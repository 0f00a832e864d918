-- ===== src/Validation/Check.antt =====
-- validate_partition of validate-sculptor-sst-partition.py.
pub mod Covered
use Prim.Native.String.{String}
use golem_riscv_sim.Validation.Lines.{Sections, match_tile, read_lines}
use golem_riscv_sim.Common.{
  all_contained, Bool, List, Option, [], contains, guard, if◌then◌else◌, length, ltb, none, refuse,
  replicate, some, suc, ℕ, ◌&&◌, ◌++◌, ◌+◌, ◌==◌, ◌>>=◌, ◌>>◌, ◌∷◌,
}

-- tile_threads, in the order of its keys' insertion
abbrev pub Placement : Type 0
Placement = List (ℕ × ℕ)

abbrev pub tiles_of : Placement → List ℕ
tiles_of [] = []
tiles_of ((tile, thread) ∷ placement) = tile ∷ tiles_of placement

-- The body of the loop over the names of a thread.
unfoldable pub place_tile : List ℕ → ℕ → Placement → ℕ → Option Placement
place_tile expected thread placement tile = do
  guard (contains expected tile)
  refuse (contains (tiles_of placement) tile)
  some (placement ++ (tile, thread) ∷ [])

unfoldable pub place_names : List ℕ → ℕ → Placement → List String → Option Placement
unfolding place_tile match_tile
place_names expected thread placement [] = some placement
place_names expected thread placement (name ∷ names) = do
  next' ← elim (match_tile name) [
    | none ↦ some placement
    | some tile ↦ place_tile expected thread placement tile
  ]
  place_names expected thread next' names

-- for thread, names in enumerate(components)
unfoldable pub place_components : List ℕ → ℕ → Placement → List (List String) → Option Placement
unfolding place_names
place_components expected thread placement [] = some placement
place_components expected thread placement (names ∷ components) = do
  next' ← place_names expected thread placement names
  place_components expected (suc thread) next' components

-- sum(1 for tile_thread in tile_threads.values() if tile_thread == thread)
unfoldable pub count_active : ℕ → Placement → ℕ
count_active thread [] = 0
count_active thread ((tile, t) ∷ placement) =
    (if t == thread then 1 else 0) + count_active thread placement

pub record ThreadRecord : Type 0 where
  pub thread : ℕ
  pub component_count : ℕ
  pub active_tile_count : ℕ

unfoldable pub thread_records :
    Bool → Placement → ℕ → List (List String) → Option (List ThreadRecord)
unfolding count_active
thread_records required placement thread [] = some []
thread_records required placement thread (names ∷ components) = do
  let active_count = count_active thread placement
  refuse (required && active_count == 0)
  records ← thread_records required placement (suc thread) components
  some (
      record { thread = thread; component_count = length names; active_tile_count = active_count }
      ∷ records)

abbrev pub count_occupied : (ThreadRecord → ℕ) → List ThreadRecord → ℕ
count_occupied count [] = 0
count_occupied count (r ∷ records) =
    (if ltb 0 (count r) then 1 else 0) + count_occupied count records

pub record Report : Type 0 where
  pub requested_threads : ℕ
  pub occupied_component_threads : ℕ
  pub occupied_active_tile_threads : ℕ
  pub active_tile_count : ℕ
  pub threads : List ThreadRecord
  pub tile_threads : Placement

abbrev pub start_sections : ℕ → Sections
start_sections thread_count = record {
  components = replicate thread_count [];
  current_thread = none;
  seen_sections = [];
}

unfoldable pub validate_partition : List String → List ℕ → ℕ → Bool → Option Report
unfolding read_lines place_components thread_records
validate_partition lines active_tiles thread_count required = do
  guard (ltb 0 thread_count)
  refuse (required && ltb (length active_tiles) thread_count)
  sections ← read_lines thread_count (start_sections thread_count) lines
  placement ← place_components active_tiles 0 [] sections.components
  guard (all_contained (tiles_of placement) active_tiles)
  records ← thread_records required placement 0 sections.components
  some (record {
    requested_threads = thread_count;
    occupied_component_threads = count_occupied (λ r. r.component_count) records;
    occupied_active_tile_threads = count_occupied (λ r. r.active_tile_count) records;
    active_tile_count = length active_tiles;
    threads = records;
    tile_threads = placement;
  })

→ TASK TO CARRY OUT
Search the material for the string "then" and return each line that has it.

→ ANSWER AREA
  all_contained, Bool, List, Option, [], contains, guard, if◌then◌else◌, length, ltb, none, refuse,
    (if t == thread then 1 else 0) + count_active thread placement
    (if ltb 0 (count r) then 1 else 0) + count_occupied count records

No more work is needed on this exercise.